I am posting on the other board as well.

----------


## irieworld

From Sweetness:
hey irie - I would love to share some things taught to me. Nothing has a real recipe though. Before I do I will share a WONDERFUL website that has great recipes w/photos of ingredients. 
http://www.jamaicatravelandculture.c...nk/patties.htm 

Rice/Peas - I soak my peas from morning. I don't measure my rice but I put water to cover and use my thumb, nailside down and the water should be at the thumb knuckle over the rice. I use fresh thyme, garlic, pinch of JA salt, powdered coconut milk and scallion (clean but whole and mashed a bit with the thick end of your knife). 

For curry or brown stew chicken (cut in small pieces and season well) I chop tomato, onion, garlic, sweet peppa, carrot, irish, one thin slice of scotchbonnet and thyme. I sautee the chicken but don't add oil more than a dab and only if you have to or it will be oily. After good and browned, toss in the veg and cook down. Add curry powder and a dash of soy for curry and I use a tablespoon of Ketchup and a dash of soy for brown stew (some use browning but it is too salty for me.) 

I love pumpkin rice and you have to cut the pumpkin tiny and add to the rice about halfway true cooking. Not easy to cut as its very hard but UUUmmm good. 

Spinners are yummy in soup and so easy - I only use flour and wata and pinch of salt but you can add an egg and a bit of cornmeal too. Soup you already know - pumpkin, red pea are my favorites. 

Fish I like whole and cut slits in the side after scaling (got used to this but had to learn how). HOt pan w/oil and throw in some thyme and scallion and of COURSE season well w/JA fish season (packets in store of all kinds). Escovitch is just pickled onion and scotchbonnet - vinegar, water and dash of sugar). 

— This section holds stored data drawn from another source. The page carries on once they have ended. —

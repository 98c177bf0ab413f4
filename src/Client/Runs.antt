-- ===== src/Client/Runs.antt =====
-- Every interleaving of the goroutines of client/client.go, from the start.
use hotstuff_repbased_leader.Prelude.{
  ℕ, suc, ◌+◌, ◌≡◌, ◌≤◌, ◌<◌, inl, inr, refl, ap, sym, Bool, List, [], ◌∷◌, ◌++◌, arith, length,
}
use hotstuff_repbased_leader.Client.{
  ReadResult, Sender, at_loop, reading, pushing, ctx_ended, finished, failed_with_error, Handler,
  selecting, getting, returned, Client, max_uint64, new, Reply, Wait, Action, begins, sends, pushes,
  receives, gets, ends, begin, send, send_data, push, receive, get, begins_at, sends_at, pushes_at,
  receives_at, gets_at, ends_at, act, run,
}
use hotstuff_repbased_leader.Client.Windows.{held, offered}
use hotstuff_repbased_leader.Client.Flow.{Flow, hand_on, begin-Flow, push-Flow, receive-Flow}
use hotstuff_repbased_leader.Client.Answers.{send-Flow, get-Flow}

-- Each stretch raises the next command's number by one at most.
act-num : (input : ℕ → ReadResult) (a : Action) (c : Client) → (act input a c).num ≤ suc c.num
unfolding act begin send send_data push receive get
act-num input (begins ctx_err wait) c = ground arith
act-num input sends c = ground arith
act-num input pushes c = ground arith
act-num input receives c = ground arith
act-num input (gets reply) c = ground arith
act-num input ends c = ground arith

pub run-num :
    (input : ℕ → ReadResult) (actions : List Action) (c : Client)
    → (run input actions c).num ≤ c.num + length actions
unfolding run
run-num input [] c = omega arith
run-num input (a ∷ actions) c =
    omega (arith, act-num input a c, run-num input actions (act input a c))

module _ (input : ℕ → ReadResult) (id m : ℕ) where
  begins_at-Flow :
      (s : Sender) (ctx_err : Bool) (wait : Wait) (c : Client)
      → c.sender ≡ s
      → Flow input id m c
      → Flow input id m (begins_at s ctx_err wait c)
  begins_at-Flow at_loop ctx_err wait c at f = begin-Flow input id m ctx_err wait c f at
  begins_at-Flow reading ctx_err wait c at f = f
  begins_at-Flow (pushing _) ctx_err wait c at f = f
  begins_at-Flow ctx_ended ctx_err wait c at f = f
  begins_at-Flow finished ctx_err wait c at f = f
  begins_at-Flow failed_with_error ctx_err wait c at f = f

  sends_at-Flow :
      (s : Sender) (c : Client)
      → c.sender ≡ s
      → c.num + 2 < max_uint64
      → Flow input id m c
      → Flow input id m (sends_at s (input c.reads) c)
  sends_at-Flow reading c at small f =
      send-Flow input id m (input c.reads).error c f (omega (arith, f.num_lem, small)) at
  sends_at-Flow at_loop c at small f = f
  sends_at-Flow (pushing _) c at small f = f
  sends_at-Flow ctx_ended c at small f = f
  sends_at-Flow finished c at small f = f
  sends_at-Flow failed_with_error c at small f = f

  pushes_at-Flow :
      (s : Sender) (c : Client) → c.sender ≡ s → Flow input id m c → Flow input id m (pushes_at s c)
  pushes_at-Flow (pushing p) c at f = push-Flow input id m p c f at
  pushes_at-Flow reading c at f = f
  pushes_at-Flow at_loop c at f = f
  pushes_at-Flow ctx_ended c at f = f
  pushes_at-Flow finished c at f = f
  pushes_at-Flow failed_with_error c at f = f

  receives_at-Flow :
      (h : Handler) (c : Client)
      → c.handler ≡ h
      → Flow input id m c
      → Flow input id m (receives_at h c)
  receives_at-Flow selecting c at f = receive-Flow input id m c.pending_cmds c refl f at
  receives_at-Flow (getting _) c at f = f
  receives_at-Flow returned c at f = f

  gets_at-Flow :
      (h : Handler) (reply : Reply) (c : Client)
      → c.handler ≡ h
      → Flow input id m c
      → Flow input id m (gets_at h reply c)
  gets_at-Flow (getting cmd) reply c at f = get-Flow input id m reply cmd c f at
  gets_at-Flow selecting reply c at f = f
  gets_at-Flow returned reply c at f = f

  ends_at-Flow :
      (h : Handler) (c : Client) → c.handler ≡ h → Flow input id m c → Flow input id m (ends_at h c)
  ends_at-Flow selecting c at f =
      hand_on input id m c f returned c.pending_cmds c.sender c.reads
        (ap (λ h. held h ++ (c.pending_cmds ++ offered c.sender)) (sym at)) f.buffered f.reads_lem
        f.done
  ends_at-Flow (getting _) c at f = f
  ends_at-Flow returned c at f = f

  act-Flow :
      (a : Action) (c : Client)
      → c.num + 2 < max_uint64
      → Flow input id m c
      → Flow input id m (act input a c)
  unfolding act
  act-Flow (begins ctx_err wait) c small f = begins_at-Flow c.sender ctx_err wait c refl f
  act-Flow sends c small f = sends_at-Flow c.sender c refl small f
  act-Flow pushes c small f = pushes_at-Flow c.sender c refl f
  act-Flow receives c small f = receives_at-Flow c.handler c refl f
  act-Flow (gets reply) c small f = gets_at-Flow c.handler reply c refl f
  act-Flow ends c small f = ends_at-Flow c.handler c refl f

  pub run-Flow :
      (actions : List Action) (c : Client)
      → c.num + length actions + 2 < max_uint64
      → Flow input id m c
      → Flow input id m (run input actions c)
  unfolding run
  run-Flow [] c small f = f
  run-Flow (a ∷ actions) c small f =
      run-Flow actions (act input a c) (omega (arith, act-num input a c, small))
        (act-Flow a c (omega (arith, small)) f)

  pub new-Flow : Flow input id m (new id m)
  unfolding new
  new-Flow = record {
    answers = 0;
    unsettled = 0;
    total = 0;
    total_lem = refl;
    same_id = refl;
    same_size = refl;
    sent_lem = refl;
    answered_lem = refl;
    flight = refl;
    buffered = omega arith;
    num_lem = refl;
    highest = refl;
    counts = omega arith;
    last = inl refl;
    reads_lem = inr refl;
    done = inl (ground arith);
  }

Callaloo - you can get it clean and chopped but its a little higher. Easy to wash, take stem off and mikkle vein a ways up the stalk - then fold up and shifadade (sp?) and chop. Sautee oniion, garlic and add tomato and sometimes carrot, then toss in the clean cut callaloo and cook until soft but not over soft. [I love to cook some pasta and throw this in with the callaloo mix for dinner). 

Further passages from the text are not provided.